Advertencia: Al momento de escribir esta columna no había visto todavía el estreno de la serie Escobar, el patrón del mal, de manera que mis referencias a este tipo de producciones no tienen, por ahora, nada que ver con este trabajo.
No me gustan las historias contadas desde el punto de vista de los malos porque por muy cuidadoso que sea el relato siempre termina, de alguna manera, legitimando la existencia de estos monstruos que pasan a la historia, precisamente, porque sus vidas se recrean en la literatura o en los medios de comunicación.
Lamentablemente la historia casi siempre se ha contado desde el poder y el poder en estos tiempos de mafia y narcotráfico lo tienen los capos, de ahí que nos hayan inundado de libros sobre Escobar: Querido Pablo, La Parábola de Pablo, Queriendo a Pablo…, Mi hermano Pablo, etc., etc. ¿Cuántas historias hay publicadas sobre Galán o sobre cualquiera de las miles de víctimas del narcotráfico?
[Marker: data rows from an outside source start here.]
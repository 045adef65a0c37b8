-- ===== src/Analysis/Trace.antt =====
-- libtatum/tatum/report/timing_path_tracing.cpp: the path behind a slack, traced back from its sink
-- through the origins of the tags. The loops have fuel, one round for each node and one more.
use tatum.Prelude.{
  ℕ, zero, suc, true, false, Option, none, some, List, [], ◌∷◌, length, if◌then◌else◌,
}
use tatum.Result.{
  Result, ok, err, assertion, out_of_range, out_of_fuel, check, or_fault, ◌>>=◌, ◌>>◌,
}
use tatum.Container.{at, is_valid}
use tatum.Time.{Float}
use tatum.Graph.{
  TimingGraph, NodeId, EdgeId, source, sink, cpin, same_node_type, node_type, edge_src_node,
  find_edge, node_clock_capture_edge, node_clock_launch_edge,
}
use tatum.Tags.{tags_of}
use tatum.Tags.Find.{find_tag}
use tatum.Tags.Tag.{
  TimingTag, TagType, DomainId, clock_launch, clock_capture, data_arrival, data_required, slack,
  is_const_gen_tag,
}
use tatum.Analysis.{Tables, get_tags}

pub record TimingPathElem (F : Float) : Type 0 where
  pub tag : TimingTag F
  pub node : NodeId
  pub incomming_edge : EdgeId

abbrev pub TimingSubPath : Float → Type 0
TimingSubPath F = List (TimingPathElem F)

pub record TimingPath (F : Float) : Type 0 where
  pub delay : F.Scalar
  pub slack_value : F.Scalar
  pub startpoint : NodeId
  pub endpoint : NodeId
  pub launch_domain : DomainId
  pub capture_domain : DomainId
  pub clock_launch_path : TimingSubPath F
  pub data_arrival_path : TimingSubPath F
  pub clock_capture_path : TimingSubPath F
  pub data_required_element : TimingPathElem F
  pub slack_tag : TimingTag F

-- The first that is found.
abbrev pub or_then {ℓ} : {A : Type ℓ} → Option A → Option A → Option A
or_then (some a) later = some a
or_then none later = later

module _ (F : Float) (tg : TimingGraph) (s : Tables F)
    (launch_domain capture_domain : DomainId) where
  -- The element of a tag: the edge from the tag's origin, if it has one.
  pub element : TimingTag F → NodeId → Result (TimingPathElem F)
  element tag curr = elim (is_valid tag.origin_node) [
    | false ↦ ok (record { tag = tag; node = curr; incomming_edge = none })
    | true ↦ do
      edge ← find_edge tg tag.origin_node curr
      check (is_valid edge)
      ok (record { tag = tag; node = curr; incomming_edge = edge })
  ]

  -- while(curr_node), from the last element back; the result is in the order of the path.
  pub trace_clock :
      (List (TimingTag F) → Option (TimingTag F))
      → TagType
      → ℕ
      → NodeId
      → TimingSubPath F
      → Result (TimingSubPath F)
  unfolding element
  trace_clock find type fuel none elements = ok elements
  trace_clock find type zero (some curr) elements = err out_of_fuel
  trace_clock find type (suc fuel) (some curr) elements = do
    tags ← get_tags F s (some curr) type
    tag ← or_fault (find tags) assertion
    here ← element tag (some curr)
    trace_clock find type fuel tag.origin_node (here ∷ elements)

  abbrev pub rounds : ℕ
  rounds = suc (length tg.node_ids)

  -- An exact match, or one for any capture domain.
  abbrev pub find_launch : List (TimingTag F) → Option (TimingTag F)
  find_launch tags =
      or_then (find_tag F tags launch_domain capture_domain) (find_tag F tags launch_domain none)

  -- The clock pin at the start of an edge of the clock network.
  abbrev pub clock_pin : EdgeId → Result NodeId
  clock_pin edge = do
    curr ← edge_src_node tg edge
    type ← node_type tg curr
    check (same_node_type type cpin)
    ok curr

  pub trace_clock_launch_path : NodeId → Result (TimingSubPath F)
  unfolding trace_clock
  trace_clock_launch_path data_launch_node = do
    type ← node_type tg data_launch_node
    check (same_node_type type source)
    edge ← node_clock_launch_edge tg data_launch_node
    elim (is_valid edge) [
      | false ↦ ok []
      | true ↦ do curr ← clock_pin edge; trace_clock find_launch clock_launch rounds curr []
    ]

  pub trace_clock_capture_path : NodeId → Result (TimingSubPath F)
  unfolding trace_clock
  trace_clock_capture_path data_capture_node = do
    type ← node_type tg data_capture_node
    check (same_node_type type sink)
    edge ← node_clock_capture_edge tg data_capture_node
    elim (is_valid edge) [
      | false ↦ ok []
      | true ↦ do
        curr ← clock_pin edge
        trace_clock (λ tags. find_tag F tags launch_domain capture_domain) clock_capture rounds curr
            []
    ]

  -- An arrival tag: an exact match, one for any capture domain, or that of a constant generator.
  pub find_arrival : List (TimingTag F) → Result (TimingTag F)
  find_arrival tags = elim (find_launch tags) [
    | some tag ↦ ok tag
    | none ↦ do
      tag ← or_fault (find_tag F tags none none) assertion
      check (is_const_gen_tag F tag)
      ok tag
  ]

  -- Until the origin, or a clock pin.
  pub trace_data : ℕ → NodeId → TimingSubPath F → Result (TimingSubPath F)
  unfolding element find_arrival
  trace_data fuel none elements = ok elements
  trace_data zero (some curr) elements = err out_of_fuel
  trace_data (suc fuel) (some curr) elements = do
    type ← node_type tg (some curr)
    elim (same_node_type type cpin) [
      | true ↦ ok elements
      | false ↦ do
        tags ← get_tags F s (some curr) data_arrival
        tag ← find_arrival tags
        here ← element tag (some curr)
        trace_data fuel tag.origin_node (here ∷ elements)
    ]

  -- back().set_incomming_edge(edge), of the element that the trace added last.
  pub mark_launch : TimingSubPath F → Result (TimingSubPath F)
  mark_launch [] = err out_of_range
  mark_launch (first ∷ later) = do
    edge ← node_clock_launch_edge tg first.node
    ok ((if is_valid edge then record first { incomming_edge = edge } else first) ∷ later)

  pub trace_data_arrival_path : NodeId → Result (TimingSubPath F)
  unfolding trace_data mark_launch
  trace_data_arrival_path data_capture_node = do
    type ← node_type tg data_capture_node
    check (same_node_type type sink)
    elements ← trace_data rounds data_capture_node []
    mark_launch elements

  -- The last element of a path.
  pub last : TimingPathElem F → TimingSubPath F → TimingPathElem F
  last first [] = first
  last first (second ∷ later) = last second later

  pub calc_path_delay : TimingSubPath F → F.Scalar
  unfolding last
  calc_path_delay [] = F.zero_time
  calc_path_delay (first ∷ later) = F.sub (last first later).tag.time first.tag.time

  pub path_end : TimingSubPath F → F.Scalar
  unfolding last
  path_end [] = F.zero_time
  path_end (first ∷ later) = (last first later).tag.time

  pub find_startpoint : TimingSubPath F → Result NodeId
  find_startpoint [] = err assertion
  find_startpoint (first ∷ later) = ok first.node

  pub find_endpoint : TimingSubPath F → Result NodeId
  unfolding last
  find_endpoint [] = err assertion
  find_endpoint (first ∷ later) = ok (last first later).node

  -- The path of a primary input or output has one element, where the clock has none.
  abbrev pub or_single : TagType → DomainId → NodeId → TimingSubPath F → Result (TimingSubPath F)
  or_single type capture id [] = do
    tags ← get_tags F s id type
    tag ← or_fault (find_tag F tags launch_domain capture) assertion
    ok (record { tag = tag; node = id; incomming_edge = none } ∷ [])
  or_single type capture id (first ∷ later) = ok (first ∷ later)

  pub trace_skew_clock_launch_path : NodeId → Result (TimingSubPath F)
  unfolding trace_clock_launch_path
  trace_skew_clock_launch_path node =
      trace_clock_launch_path node >>= or_single data_arrival none node

  pub trace_skew_clock_capture_path : NodeId → Result (TimingSubPath F)
  unfolding trace_clock_capture_path
  trace_skew_clock_capture_path node =
      trace_clock_capture_path node >>= or_single data_required capture_domain node

  -- The required tag of the sink, with the edge between the clock and the data path.
  pub required_element : NodeId → Result (TimingPathElem F)
  required_element node = do
    tags ← get_tags F s node data_required
    tag ← or_fault (find_tag F tags launch_domain capture_domain) assertion
    edge ← node_clock_capture_edge tg node
    ok (record { tag = tag; node = node; incomming_edge = edge })

  pub trace_path : NodeId → Result (TimingPath F)
  unfolding trace_data_arrival_path trace_clock_launch_path trace_clock_capture_path
      required_element calc_path_delay find_startpoint find_endpoint
  trace_path node = do
    type ← node_type tg node
    check (same_node_type type sink)
    slacks ← at s.node_slacks node >>= λ t. tags_of F t slack
    slack_tag ← or_fault (find_tag F slacks launch_domain capture_domain) assertion
    data_path ← trace_data_arrival_path node
    launch_node ← find_startpoint data_path
    launch_path ← trace_clock_launch_path launch_node
    capture_path ← trace_clock_capture_path node
    required ← required_element node
    endpoint ← find_endpoint data_path
    ok (record {
      delay = calc_path_delay data_path;
      slack_value = slack_tag.time;
      startpoint = launch_node;
      endpoint = endpoint;
      launch_domain = launch_domain;
      capture_domain = capture_domain;
      clock_launch_path = launch_path;
      data_arrival_path = data_path;
      clock_capture_path = capture_path;
      data_required_element = required;
      slack_tag = slack_tag;
    })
La comparación resulta evidente: Sale ganando el asesino frente a los asesinados.
Las generaciones futuras tendrán mucha más información sobre este mafioso que sobre sus víctimas, de las que apenas se conocerán breves referencias como telón de fondo para contar las peripecias de ese desgraciado que acabó con miles de vidas.
Escuché con atención las explicaciones que dio Juana Uribe, productora de esta nueva serie sobre narcotráfico. Ella, que sufrió en carne propia las atrocidades de Escobar, asegura que esta producción lo que busca es que la gente tenga consciencia sobre lo que pasó y no tolere que nada de esto pase de nuevo en Colombia.
Me temo que sus buenas intenciones se quedarán solo eso, en intenciones. Es probable que nos ofrezca una excelente producción, pero en el terreno de las enmiendas históricas seguramente no conseguirá su propósito. Esta historia, como muchas otras, seguirá girando en torno a Escobar, al Patrón del Mal, un mito ya empotrado en nuestro imaginario colectivo, un hombre que ha inspirado a más de un matón, traqueto o lavaperros, un ícono que transformó la cultura de toda una generación y dejó sentado que la plata lo puede casi todo.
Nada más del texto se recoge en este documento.